Data section —
-------------------------
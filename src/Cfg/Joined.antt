-- ===== src/Cfg/Joined.antt =====
-- Every edge that `_build_block_sequence` adds joins two blocks of the graph.
use misra_c_agent.Base.{
  String, List, [], ◌∷◌, ◌≡◌, refl, arith, ◌==◌, Option, none, some, Bool-cases, inl, inr, All,
  All-mono, string_eq,
}
use misra_c_agent.Ast.{Node, AstGraph}
use misra_c_agent.Cfg.{BlockId}
use misra_c_agent.Cfg.Builder.{Builder, LoopStack, new_block, add_edge, tail_of}
use misra_c_agent.Cfg.WellFormed.{
  Has, IsWellFormed, Extends, ExtendsWith, Extends-refl, Extends-trans, new_block-ExtendsWith,
  add_edge-Extends, tail_of-Has,
}
use misra_c_agent.Cfg.Build.{
  Sequencer, jump_edge, break_target, continue_target, as_sequence_entry, wire_branch, wire_body,
}

-- The targets on a loop stack are blocks.
abbrev pub StackIn : Builder → LoopStack → Type 0
StackIn s stack = All (λ t. Has s.blocks t.0 × Has s.blocks t.1) stack

pub stack-grows :
    (s s' : Builder) (stack : LoopStack) → Extends s s' → StackIn s stack → StackIn s' stack
stack-grows s s' stack e = All-mono stack (λ t h. (e.grows t.0 h.0, e.grows t.1 h.1))

-- One more step after `Extends`, with a new block in hand.
pub then_block : (s s1 : Builder) (kind : String) → Extends s s1 → ExtendsWith s (new_block kind s1)
then_block s s1 kind e =
    let r = new_block-ExtendsWith kind s1 e.wf in
    record { ext = Extends-trans e r.ext; found = r.found }

pub jump_edge-Extends :
    (x : BlockId) (target : Option BlockId) (kind : String) (s : Builder)
    → IsWellFormed s
    → Has s.blocks x
    → ((y : BlockId) → target ≡ some y → Has s.blocks y)
    → Extends s (jump_edge x target kind s)
unfolding jump_edge
jump_edge-Extends x none kind s w hx ht = Extends-refl w
jump_edge-Extends x (some y) kind s w hx ht = add_edge-Extends x y kind s w hx (ht y refl)

pub break_target-Has :
    (s : Builder) (stack : LoopStack) (y : BlockId)
    → StackIn s stack
    → break_target stack ≡ some y
    → Has s.blocks y
break_target-Has s [] y h e = cc
break_target-Has s ((c, t) ∷ stack) y h e = ground (arith, h.0.1)

pub continue_target-Has :
    (s : Builder) (stack : LoopStack) (y : BlockId)
    → StackIn s stack
    → continue_target stack ≡ some y
    → Has s.blocks y
continue_target-Has s [] y h e = cc
continue_target-Has s ((c, t) ∷ stack) y h e = ground (arith, h.0.0)

-- What the recursive calls are to keep.
abbrev pub Keeps : Sequencer → Type 0
Keeps rec =
    (stack : LoopStack) (statements : List Node) (s : Builder)
    → IsWellFormed s
    → StackIn s stack
    → ExtendsWith s (rec stack statements s)

module _ (rec : Sequencer) (graph : AstGraph) (exit_target : BlockId) (keeps : Keeps rec) where
  pub as_sequence_entry-ExtendsWith :
      (stack : LoopStack) (node : Node) (s : Builder)
      → IsWellFormed s
      → StackIn s stack
      → ExtendsWith s (as_sequence_entry rec graph exit_target stack node s)
  unfolding as_sequence_entry
  as_sequence_entry-ExtendsWith stack node s w h =
      elim (Bool-cases (node.node_kind == "CompoundStmt")) [
        | inl p ↦ rw p (keeps stack _ s w h)
        | inr p ↦ rw p (keeps stack _ s w h)
      ]

  -- The entry of a nested statement is wired from `x`, and its tail to `y`.
  pub nested-Extends :
      (stack : LoopStack) (node : Node) (x y : BlockId) (kind last : String) (s : Builder)
      → IsWellFormed s
      → StackIn s stack
      → Has s.blocks x
      → Has s.blocks y
      → Extends s (
          let r = as_sequence_entry rec graph exit_target stack node s in
          let s2 = add_edge x r.0 kind r.1 in add_edge (tail_of r.0 s2) y last s2)
  nested-Extends stack node x y kind last s w h hx hy =
      let (entry, s1) = as_sequence_entry rec graph exit_target stack node s in
      let r = as_sequence_entry-ExtendsWith stack node s w h in
      let e1 = add_edge-Extends x entry kind s1 r.ext.wf (r.ext.grows x hx) r.found in
      let s2 = add_edge x entry kind s1 in
      let e2 =
        add_edge-Extends (tail_of entry s2) y last s2 e1.wf
          (tail_of-Has entry s2 e1.wf (e1.grows entry r.found)) (e1.grows y (r.ext.grows y hy)) in
      Extends-trans r.ext (Extends-trans e1 e2)

  pub wire_branch-Extends :
      (stack : LoopStack) (x y : BlockId) (kind : String) (node : Option Node) (s : Builder)
      → IsWellFormed s
      → StackIn s stack
      → Has s.blocks x
      → Has s.blocks y
      → Extends s (wire_branch rec graph exit_target stack x y kind node s)
  unfolding wire_branch
  wire_branch-Extends stack x y kind none s w h hx hy = add_edge-Extends x y kind s w hx hy
  wire_branch-Extends stack x y kind (some node) s w h hx hy =
      nested-Extends stack node x y kind "fallthrough" s w h hx hy

  pub wire_body-Extends :
      (stack : LoopStack) (x : BlockId) (kind : String) (node : Option Node) (s : Builder)
      → IsWellFormed s
      → StackIn s stack
      → Has s.blocks x
      → Extends s (wire_body rec graph exit_target stack x kind node s)
  unfolding wire_body
  wire_body-Extends stack x kind none s w h hx = Extends-refl w
  wire_body-Extends stack x kind (some node) s w h hx =
      nested-Extends stack node x x kind "loop_back" s w h hx hx
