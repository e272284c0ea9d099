-- ===== src/Cfg/Handlers.antt =====
-- Every handler of `_build_block_sequence` keeps the builder's state well-formed.
use misra_c_agent.Base.{
  String, List, [], ◌∷◌, ◌≡◌, refl, arith, ◌==◌, Option, none, some, get_elem?, filter_by,
  if◌then◌else◌, Bool-cases, inl, inr, any_of, string_eq,
}
use misra_c_agent.Ast.{Node, AstGraph, children}
use misra_c_agent.Cfg.{BlockId}
use misra_c_agent.Cfg.Builder.{
  Builder, LoopStack, new_block, add_edge, append_statement, tail_of, terminates,
}
use misra_c_agent.Cfg.WellFormed.{
  Has, IsWellFormed, Extends, ExtendsWith, Extends-refl, Extends-trans, new_block-ExtendsWith,
  add_edge-Extends, append_statement-Extends, tail_of-Has,
}
use misra_c_agent.Cfg.Joined.{
  StackIn, stack-grows, then_block, Keeps, wire_branch-Extends, wire_body-Extends,
}
use misra_c_agent.Cfg.Build.{
  Sequencer, last?, case_groups, wire_branch, handle_if, wire_body, handle_loop, leave_group,
  wire_groups, wire_switch, handle_switch,
}

module _ (rec : Sequencer) (graph : AstGraph) (exit_target : BlockId) (keeps : Keeps rec) where
  pub handle_if-ExtendsWith :
      (stack : LoopStack) (statement : Node) (x : BlockId) (s : Builder)
      → IsWellFormed s
      → StackIn s stack
      → Has s.blocks x
      → ExtendsWith s (handle_if rec graph exit_target stack statement x s)
  unfolding handle_if
  handle_if-ExtendsWith stack statement x s w h hx =
      let s1 = append_statement x statement s in
      let e1 = append_statement-Extends x statement s w in
      let (join, s2) = new_block "normal" s1 in
      let r2 = then_block s s1 "normal" e1 in
      let kids = children graph statement.node_id in
      let e3 =
        wire_branch-Extends rec graph exit_target keeps stack x join "true" (get_elem? kids 1) s2
          r2.ext.wf (stack-grows s s2 stack r2.ext h) (r2.ext.grows x hx) r2.found in
      let s3 = wire_branch rec graph exit_target stack x join "true" (get_elem? kids 1) s2 in
      let e = Extends-trans r2.ext e3 in
      let e4 =
        wire_branch-Extends rec graph exit_target keeps stack x join "false" (get_elem? kids 2) s3
          e3.wf (stack-grows s s3 stack e h) (e.grows x hx) (e3.grows join r2.found) in
      record { ext = Extends-trans e e4; found = e4.grows join (e3.grows join r2.found) }

  pub handle_loop-ExtendsWith :
      (stack : LoopStack) (statement : Node) (x : BlockId) (s : Builder)
      → IsWellFormed s
      → StackIn s stack
      → Has s.blocks x
      → ExtendsWith s (handle_loop rec graph exit_target stack statement x s)
  unfolding handle_loop
  handle_loop-ExtendsWith stack statement x s w h hx =
      let (header, s1) = new_block "loop_header" s in
      let r1 = new_block-ExtendsWith "loop_header" s w in
      let s2 = append_statement header statement s1 in
      let e2 = append_statement-Extends header statement s1 r1.ext.wf in
      let (after, s3) = new_block "normal" s2 in
      let r3 = then_block s s2 "normal" (Extends-trans r1.ext e2) in
      let r3' = new_block-ExtendsWith "normal" s2 e2.wf in
      let has_header = r3'.ext.grows header (e2.grows header r1.found) in
      let e4 =
        add_edge-Extends x header "fallthrough" s3 r3.ext.wf (r3.ext.grows x hx) has_header in
      let s4 = add_edge x header "fallthrough" s3 in
      let e = Extends-trans r3.ext e4 in
      let kids = children graph statement.node_id in
      let is_do = statement.node_kind == "DoStmt" in
      let body = if is_do then get_elem? kids 0 else last? kids in
      let kind : String = if is_do then "fallthrough" else "true" in
      let inner = (header, after) ∷ stack in
      let e5 =
        wire_body-Extends rec graph exit_target keeps inner header kind body s4 e4.wf
          ((e4.grows header has_header, e4.grows after r3.found), stack-grows s s4 stack e h)
          (e4.grows header has_header) in
      let s5 = wire_body rec graph exit_target inner header kind body s4 in
      let f = Extends-trans e4 e5 in
      let e6 =
        add_edge-Extends header after "false" s5 e5.wf (f.grows header has_header)
          (f.grows after r3.found) in
      record {
        ext = Extends-trans r3.ext (Extends-trans f e6);
        found = e6.grows after (f.grows after r3.found);
      }

  leave_group-Extends :
      (tail : Option BlockId) (y : BlockId) (kind : String) (s : Builder)
      → IsWellFormed s
      → ((x : BlockId) → tail ≡ some x → Has s.blocks x)
      → Has s.blocks y
      → Extends s (leave_group tail y kind s)
  unfolding leave_group
  leave_group-Extends none y kind s w ht hy = Extends-refl w
  leave_group-Extends (some x) y kind s w ht hy = elim (Bool-cases (terminates s x)) [
    | inl p ↦ rw p (Extends-refl w)
    | inr p ↦ rw p (add_edge-Extends x y kind s w (ht x refl) hy)
  ]

  -- The state after the case groups, and the last tail.
  record Groups (s : Builder) (r : Option BlockId × Builder) : Type 0 where
    ext : Extends s r.1
    tail : (x : BlockId) → r.0 ≡ some x → Has r.1.blocks x

  wire_groups-Groups :
      (stack : LoopStack) (x : BlockId) (tail : Option BlockId) (groups : List (Node × List Node))
      (s : Builder)
      → IsWellFormed s
      → StackIn s stack
      → Has s.blocks x
      → ((y : BlockId) → tail ≡ some y → Has s.blocks y)
      → Groups s (wire_groups rec graph exit_target stack x tail groups s)
  unfolding wire_groups
  wire_groups-Groups stack x tail [] s w h hx ht = record { ext = Extends-refl w; tail = ht }
  wire_groups-Groups stack x tail ((case_stmt, group) ∷ groups) s w h hx ht =
      let label : String = if case_stmt.node_kind == "DefaultStmt" then "default" else "case" in
      let (entry, s1) = rec stack (case_stmt ∷ group) s in
      let r1 = keeps stack (case_stmt ∷ group) s w h in
      let s2 = add_edge x entry label s1 in
      let e2 = add_edge-Extends x entry label s1 r1.ext.wf (r1.ext.grows x hx) r1.found in
      let e12 = Extends-trans r1.ext e2 in
      let s3 = leave_group tail entry "switch_fallthrough" s2 in
      let e3 =
        leave_group-Extends tail entry "switch_fallthrough" s2 e2.wf (λ y q. e12.grows y (ht y q))
          (e2.grows entry r1.found) in
      let e = Extends-trans e12 e3 in
      let last = tail_of entry s3 in
      let has_last = tail_of-Has entry s3 e3.wf (e3.grows entry (e2.grows entry r1.found)) in
      let r =
        wire_groups-Groups stack x (some last) groups s3 e3.wf (stack-grows s s3 stack e h)
          (e.grows x hx) (λ y q. ground (arith, q, has_last)) in
      record { ext = Extends-trans e r.ext; tail = r.tail }

  wire_switch-Extends :
      (stack : LoopStack) (x y : BlockId) (bodies : List Node) (s : Builder)
      → IsWellFormed s
      → StackIn s stack
      → Has s.blocks x
      → Has s.blocks y
      → Extends s (wire_switch rec graph exit_target stack x y bodies s)
  unfolding wire_switch
  wire_switch-Extends stack x y [] s w h hx hy = add_edge-Extends x y "fallthrough" s w hx hy
  wire_switch-Extends stack x y (body ∷ _) s w h hx hy =
      let groups = case_groups none [] (children graph body.node_id) in
      let (last, s1) = wire_groups rec graph exit_target stack x none groups s in
      let r1 = wire_groups-Groups stack x none groups s w h hx (λ z q. cc) in
      let s2 = leave_group last y "fallthrough" s1 in
      let e2 = leave_group-Extends last y "fallthrough" s1 r1.ext.wf r1.tail (r1.ext.grows y hy) in
      let e = Extends-trans r1.ext e2 in
      elim (Bool-cases (any_of (λ (g : Node × List Node). g.0.node_kind == "DefaultStmt") groups)) [
        | inl p ↦ rw p e
        | inr p ↦ rw p (
            Extends-trans e
              (add_edge-Extends x y "no_match" s2 e2.wf (e.grows x hx) (e.grows y hy)))
      ]

  pub handle_switch-ExtendsWith :
      (stack : LoopStack) (statement : Node) (x : BlockId) (s : Builder)
      → IsWellFormed s
      → StackIn s stack
      → Has s.blocks x
      → ExtendsWith s (handle_switch rec graph exit_target stack statement x s)
  unfolding handle_switch
  handle_switch-ExtendsWith stack statement x s w h hx =
      let s1 = append_statement x statement s in
      let e1 = append_statement-Extends x statement s w in
      let (after, s2) = new_block "normal" s1 in
      let r2 = then_block s s1 "normal" e1 in
      let bodies =
        filter_by (λ (child : Node). child.node_kind == "CompoundStmt")
          (children graph statement.node_id) in
      let hx2 = r2.ext.grows x hx in
      let e3 =
        wire_switch-Extends ((x, after) ∷ stack) x after bodies s2 r2.ext.wf
          ((hx2, r2.found), stack-grows s s2 stack r2.ext h) hx2 r2.found in
      record { ext = Extends-trans r2.ext e3; found = e3.grows after r2.found }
-------------------------
Directions — Copy out all lines from the records where the word "kids" appears.

Exercise response —
      let kids = children graph statement.node_id in
        wire_branch-Extends rec graph exit_target keeps stack x join "true" (get_elem? kids 1) s2
      let s3 = wire_branch rec graph exit_target stack x join "true" (get_elem? kids 1) s2 in
        wire_branch-Extends rec graph exit_target keeps stack x join "false" (get_elem? kids 2) s3
      let kids = children graph statement.node_id in
      let body = if is_do then get_elem? kids 0 else last? kids in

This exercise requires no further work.